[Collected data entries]

::::::::

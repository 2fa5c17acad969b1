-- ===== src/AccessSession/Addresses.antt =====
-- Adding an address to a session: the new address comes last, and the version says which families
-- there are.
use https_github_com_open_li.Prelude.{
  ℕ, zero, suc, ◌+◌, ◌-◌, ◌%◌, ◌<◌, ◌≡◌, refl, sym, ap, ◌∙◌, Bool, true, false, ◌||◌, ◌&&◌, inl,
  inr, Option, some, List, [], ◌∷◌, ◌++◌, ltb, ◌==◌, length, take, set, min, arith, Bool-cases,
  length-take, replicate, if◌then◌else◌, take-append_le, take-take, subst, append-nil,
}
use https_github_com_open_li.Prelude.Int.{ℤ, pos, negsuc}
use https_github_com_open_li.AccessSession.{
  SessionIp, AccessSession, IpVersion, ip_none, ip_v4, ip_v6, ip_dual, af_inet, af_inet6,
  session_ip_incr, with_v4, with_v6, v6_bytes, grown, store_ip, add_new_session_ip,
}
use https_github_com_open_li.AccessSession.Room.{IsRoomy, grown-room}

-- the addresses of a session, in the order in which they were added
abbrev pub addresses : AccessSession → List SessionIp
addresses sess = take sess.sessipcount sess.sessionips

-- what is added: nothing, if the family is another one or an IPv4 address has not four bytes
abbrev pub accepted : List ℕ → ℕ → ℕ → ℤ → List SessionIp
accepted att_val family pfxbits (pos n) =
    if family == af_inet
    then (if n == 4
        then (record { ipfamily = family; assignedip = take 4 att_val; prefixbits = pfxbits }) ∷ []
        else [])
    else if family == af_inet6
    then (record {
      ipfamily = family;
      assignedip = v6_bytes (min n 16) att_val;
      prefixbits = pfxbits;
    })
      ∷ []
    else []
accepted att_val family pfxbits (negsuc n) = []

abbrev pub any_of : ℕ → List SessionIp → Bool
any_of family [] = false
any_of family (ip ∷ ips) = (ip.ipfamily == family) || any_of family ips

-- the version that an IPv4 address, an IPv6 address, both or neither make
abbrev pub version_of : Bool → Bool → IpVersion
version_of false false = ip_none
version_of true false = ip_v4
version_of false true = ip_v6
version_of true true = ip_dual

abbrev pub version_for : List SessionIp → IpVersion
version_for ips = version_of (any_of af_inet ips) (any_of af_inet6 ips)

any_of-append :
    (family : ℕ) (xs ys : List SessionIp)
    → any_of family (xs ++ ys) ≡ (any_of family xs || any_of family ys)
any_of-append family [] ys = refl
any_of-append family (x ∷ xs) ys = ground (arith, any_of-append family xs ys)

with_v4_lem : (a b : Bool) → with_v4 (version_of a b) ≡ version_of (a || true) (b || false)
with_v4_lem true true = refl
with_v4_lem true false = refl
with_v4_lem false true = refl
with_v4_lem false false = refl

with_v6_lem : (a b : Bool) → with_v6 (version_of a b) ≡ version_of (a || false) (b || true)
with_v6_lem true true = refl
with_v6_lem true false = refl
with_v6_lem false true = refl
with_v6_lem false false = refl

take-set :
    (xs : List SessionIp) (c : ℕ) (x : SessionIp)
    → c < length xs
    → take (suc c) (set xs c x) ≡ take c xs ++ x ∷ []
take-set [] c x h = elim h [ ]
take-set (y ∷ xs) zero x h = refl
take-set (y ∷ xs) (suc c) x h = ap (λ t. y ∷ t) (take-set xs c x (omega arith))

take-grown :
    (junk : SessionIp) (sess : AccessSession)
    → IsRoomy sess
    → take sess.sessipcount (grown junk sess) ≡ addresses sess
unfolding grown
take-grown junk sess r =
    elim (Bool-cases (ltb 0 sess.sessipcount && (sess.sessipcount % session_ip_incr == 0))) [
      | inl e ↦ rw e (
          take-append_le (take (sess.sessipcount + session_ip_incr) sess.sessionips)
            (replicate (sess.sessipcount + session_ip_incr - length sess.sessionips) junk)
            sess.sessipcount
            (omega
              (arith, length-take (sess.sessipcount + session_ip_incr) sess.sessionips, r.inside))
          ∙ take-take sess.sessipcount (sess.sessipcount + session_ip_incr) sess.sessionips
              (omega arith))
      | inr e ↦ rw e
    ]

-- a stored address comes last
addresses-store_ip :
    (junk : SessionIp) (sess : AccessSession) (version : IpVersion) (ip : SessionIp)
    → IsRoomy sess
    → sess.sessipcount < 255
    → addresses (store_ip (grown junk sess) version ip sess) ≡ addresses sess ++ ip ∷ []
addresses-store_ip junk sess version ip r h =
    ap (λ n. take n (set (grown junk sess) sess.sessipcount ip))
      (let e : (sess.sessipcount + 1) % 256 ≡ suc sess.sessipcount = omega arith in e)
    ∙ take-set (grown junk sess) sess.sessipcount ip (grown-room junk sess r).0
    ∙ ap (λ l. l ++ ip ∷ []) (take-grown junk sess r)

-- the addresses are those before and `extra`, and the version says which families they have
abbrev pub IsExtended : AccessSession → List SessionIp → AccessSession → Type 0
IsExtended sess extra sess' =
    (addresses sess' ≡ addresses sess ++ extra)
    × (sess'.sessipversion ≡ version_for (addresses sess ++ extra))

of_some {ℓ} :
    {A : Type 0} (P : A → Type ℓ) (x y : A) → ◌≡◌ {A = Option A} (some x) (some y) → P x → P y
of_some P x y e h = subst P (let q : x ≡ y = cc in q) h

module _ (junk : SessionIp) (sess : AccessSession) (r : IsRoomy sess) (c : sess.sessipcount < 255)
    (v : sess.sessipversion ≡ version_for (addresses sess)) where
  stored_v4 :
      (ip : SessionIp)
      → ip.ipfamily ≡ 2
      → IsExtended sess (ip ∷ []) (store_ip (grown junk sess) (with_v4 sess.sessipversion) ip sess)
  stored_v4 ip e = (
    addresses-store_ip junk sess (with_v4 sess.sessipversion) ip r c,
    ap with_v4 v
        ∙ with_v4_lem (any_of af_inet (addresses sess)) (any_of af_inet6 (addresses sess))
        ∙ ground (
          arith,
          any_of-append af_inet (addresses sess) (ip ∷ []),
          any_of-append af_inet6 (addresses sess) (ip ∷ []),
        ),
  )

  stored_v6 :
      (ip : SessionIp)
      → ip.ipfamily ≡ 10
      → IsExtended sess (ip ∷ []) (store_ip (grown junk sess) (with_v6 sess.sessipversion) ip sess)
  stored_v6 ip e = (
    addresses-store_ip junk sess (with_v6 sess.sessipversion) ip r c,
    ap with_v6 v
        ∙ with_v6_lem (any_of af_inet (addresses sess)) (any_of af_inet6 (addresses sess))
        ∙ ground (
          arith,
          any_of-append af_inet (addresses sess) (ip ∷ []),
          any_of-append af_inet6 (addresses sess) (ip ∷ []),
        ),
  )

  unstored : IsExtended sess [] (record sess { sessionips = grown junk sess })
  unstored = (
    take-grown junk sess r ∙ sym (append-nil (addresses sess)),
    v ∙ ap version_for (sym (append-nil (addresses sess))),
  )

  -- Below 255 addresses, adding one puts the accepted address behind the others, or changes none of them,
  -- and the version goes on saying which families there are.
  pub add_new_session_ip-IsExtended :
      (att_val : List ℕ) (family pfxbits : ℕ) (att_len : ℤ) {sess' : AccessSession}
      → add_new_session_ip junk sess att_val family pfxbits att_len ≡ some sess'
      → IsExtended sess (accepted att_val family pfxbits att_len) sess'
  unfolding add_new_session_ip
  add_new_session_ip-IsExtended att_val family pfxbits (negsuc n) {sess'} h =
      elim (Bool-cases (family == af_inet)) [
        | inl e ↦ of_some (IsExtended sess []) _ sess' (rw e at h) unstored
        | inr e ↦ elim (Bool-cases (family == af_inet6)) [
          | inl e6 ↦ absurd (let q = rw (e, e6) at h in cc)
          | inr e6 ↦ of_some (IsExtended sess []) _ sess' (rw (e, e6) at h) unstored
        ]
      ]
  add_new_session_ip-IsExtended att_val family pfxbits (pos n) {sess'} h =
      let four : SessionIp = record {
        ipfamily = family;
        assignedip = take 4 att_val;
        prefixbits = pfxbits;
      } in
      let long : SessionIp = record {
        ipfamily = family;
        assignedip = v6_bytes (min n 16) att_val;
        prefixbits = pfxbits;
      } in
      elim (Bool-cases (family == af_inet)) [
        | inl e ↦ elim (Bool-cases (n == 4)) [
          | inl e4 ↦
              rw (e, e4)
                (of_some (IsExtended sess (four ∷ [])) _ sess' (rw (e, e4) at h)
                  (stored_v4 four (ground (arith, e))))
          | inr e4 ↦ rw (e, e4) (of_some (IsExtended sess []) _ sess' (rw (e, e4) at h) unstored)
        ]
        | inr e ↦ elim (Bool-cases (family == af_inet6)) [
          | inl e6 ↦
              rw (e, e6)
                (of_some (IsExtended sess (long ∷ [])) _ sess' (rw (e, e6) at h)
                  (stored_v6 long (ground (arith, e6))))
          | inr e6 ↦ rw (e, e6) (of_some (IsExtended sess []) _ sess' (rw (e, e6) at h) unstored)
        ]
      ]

::::::::

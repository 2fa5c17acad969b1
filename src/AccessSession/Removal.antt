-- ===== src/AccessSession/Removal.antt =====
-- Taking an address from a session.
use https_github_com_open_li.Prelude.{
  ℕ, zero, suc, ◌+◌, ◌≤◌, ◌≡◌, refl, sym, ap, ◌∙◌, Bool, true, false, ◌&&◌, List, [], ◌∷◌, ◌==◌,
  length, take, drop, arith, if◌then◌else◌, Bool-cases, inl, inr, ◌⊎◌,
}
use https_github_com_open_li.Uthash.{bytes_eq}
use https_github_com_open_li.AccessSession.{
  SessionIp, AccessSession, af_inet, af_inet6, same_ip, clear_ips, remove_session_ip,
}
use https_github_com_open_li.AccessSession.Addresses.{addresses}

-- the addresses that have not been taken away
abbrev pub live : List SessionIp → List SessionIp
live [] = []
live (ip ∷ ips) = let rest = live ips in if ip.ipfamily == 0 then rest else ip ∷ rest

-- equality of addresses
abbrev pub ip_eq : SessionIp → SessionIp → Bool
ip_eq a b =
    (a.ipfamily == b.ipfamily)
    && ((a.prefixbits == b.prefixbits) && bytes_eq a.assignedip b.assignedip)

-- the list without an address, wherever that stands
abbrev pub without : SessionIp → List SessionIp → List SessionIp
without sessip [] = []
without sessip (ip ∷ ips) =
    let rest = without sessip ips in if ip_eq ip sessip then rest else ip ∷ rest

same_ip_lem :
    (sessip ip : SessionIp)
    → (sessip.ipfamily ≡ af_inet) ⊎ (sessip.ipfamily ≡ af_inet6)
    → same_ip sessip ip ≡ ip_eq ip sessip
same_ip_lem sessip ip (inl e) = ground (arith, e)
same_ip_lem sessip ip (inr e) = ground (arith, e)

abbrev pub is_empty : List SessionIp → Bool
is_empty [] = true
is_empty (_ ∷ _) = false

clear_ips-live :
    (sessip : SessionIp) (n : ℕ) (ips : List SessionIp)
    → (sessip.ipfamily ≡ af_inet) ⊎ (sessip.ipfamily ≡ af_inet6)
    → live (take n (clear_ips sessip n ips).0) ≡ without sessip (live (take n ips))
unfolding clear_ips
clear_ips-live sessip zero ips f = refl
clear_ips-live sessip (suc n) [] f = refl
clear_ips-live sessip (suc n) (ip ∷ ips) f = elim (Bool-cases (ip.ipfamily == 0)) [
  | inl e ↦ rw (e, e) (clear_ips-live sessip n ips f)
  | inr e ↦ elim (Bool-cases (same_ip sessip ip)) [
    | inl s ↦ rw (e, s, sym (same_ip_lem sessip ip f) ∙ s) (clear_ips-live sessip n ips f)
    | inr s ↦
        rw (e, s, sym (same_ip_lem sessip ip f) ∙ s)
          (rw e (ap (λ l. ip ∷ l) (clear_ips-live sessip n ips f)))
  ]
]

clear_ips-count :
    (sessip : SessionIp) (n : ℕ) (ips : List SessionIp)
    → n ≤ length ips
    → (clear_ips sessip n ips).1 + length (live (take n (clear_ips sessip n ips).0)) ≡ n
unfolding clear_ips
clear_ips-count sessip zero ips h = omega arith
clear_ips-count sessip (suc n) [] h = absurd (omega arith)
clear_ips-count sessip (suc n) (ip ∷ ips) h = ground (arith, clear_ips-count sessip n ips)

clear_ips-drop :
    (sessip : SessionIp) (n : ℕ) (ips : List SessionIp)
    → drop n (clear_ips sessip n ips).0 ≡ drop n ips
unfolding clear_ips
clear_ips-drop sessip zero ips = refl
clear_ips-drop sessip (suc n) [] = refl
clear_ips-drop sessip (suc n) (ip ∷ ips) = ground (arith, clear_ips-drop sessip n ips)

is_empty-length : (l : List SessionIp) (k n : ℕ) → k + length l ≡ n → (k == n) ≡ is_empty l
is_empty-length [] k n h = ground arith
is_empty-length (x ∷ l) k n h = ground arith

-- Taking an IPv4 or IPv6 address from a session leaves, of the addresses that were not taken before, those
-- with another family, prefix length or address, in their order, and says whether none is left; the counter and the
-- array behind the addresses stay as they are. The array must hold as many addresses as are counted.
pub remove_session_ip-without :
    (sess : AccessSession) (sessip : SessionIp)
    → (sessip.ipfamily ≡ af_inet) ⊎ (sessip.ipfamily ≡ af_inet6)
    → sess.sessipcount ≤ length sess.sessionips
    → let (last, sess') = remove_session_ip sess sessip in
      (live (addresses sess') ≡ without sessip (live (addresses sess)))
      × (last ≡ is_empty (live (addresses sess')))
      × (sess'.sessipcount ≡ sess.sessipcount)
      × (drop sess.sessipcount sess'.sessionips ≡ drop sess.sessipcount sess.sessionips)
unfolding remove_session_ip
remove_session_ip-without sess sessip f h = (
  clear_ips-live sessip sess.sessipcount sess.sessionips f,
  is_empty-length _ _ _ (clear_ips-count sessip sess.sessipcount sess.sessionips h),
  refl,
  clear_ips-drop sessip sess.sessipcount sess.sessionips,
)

::::::::

Exercise instructions:
The lines to return are those in the entries above that include "added".

Result:
-- the addresses of a session, in the order in which they were added
-- what is added: nothing, if the family is another one or an IPv4 address has not four bytes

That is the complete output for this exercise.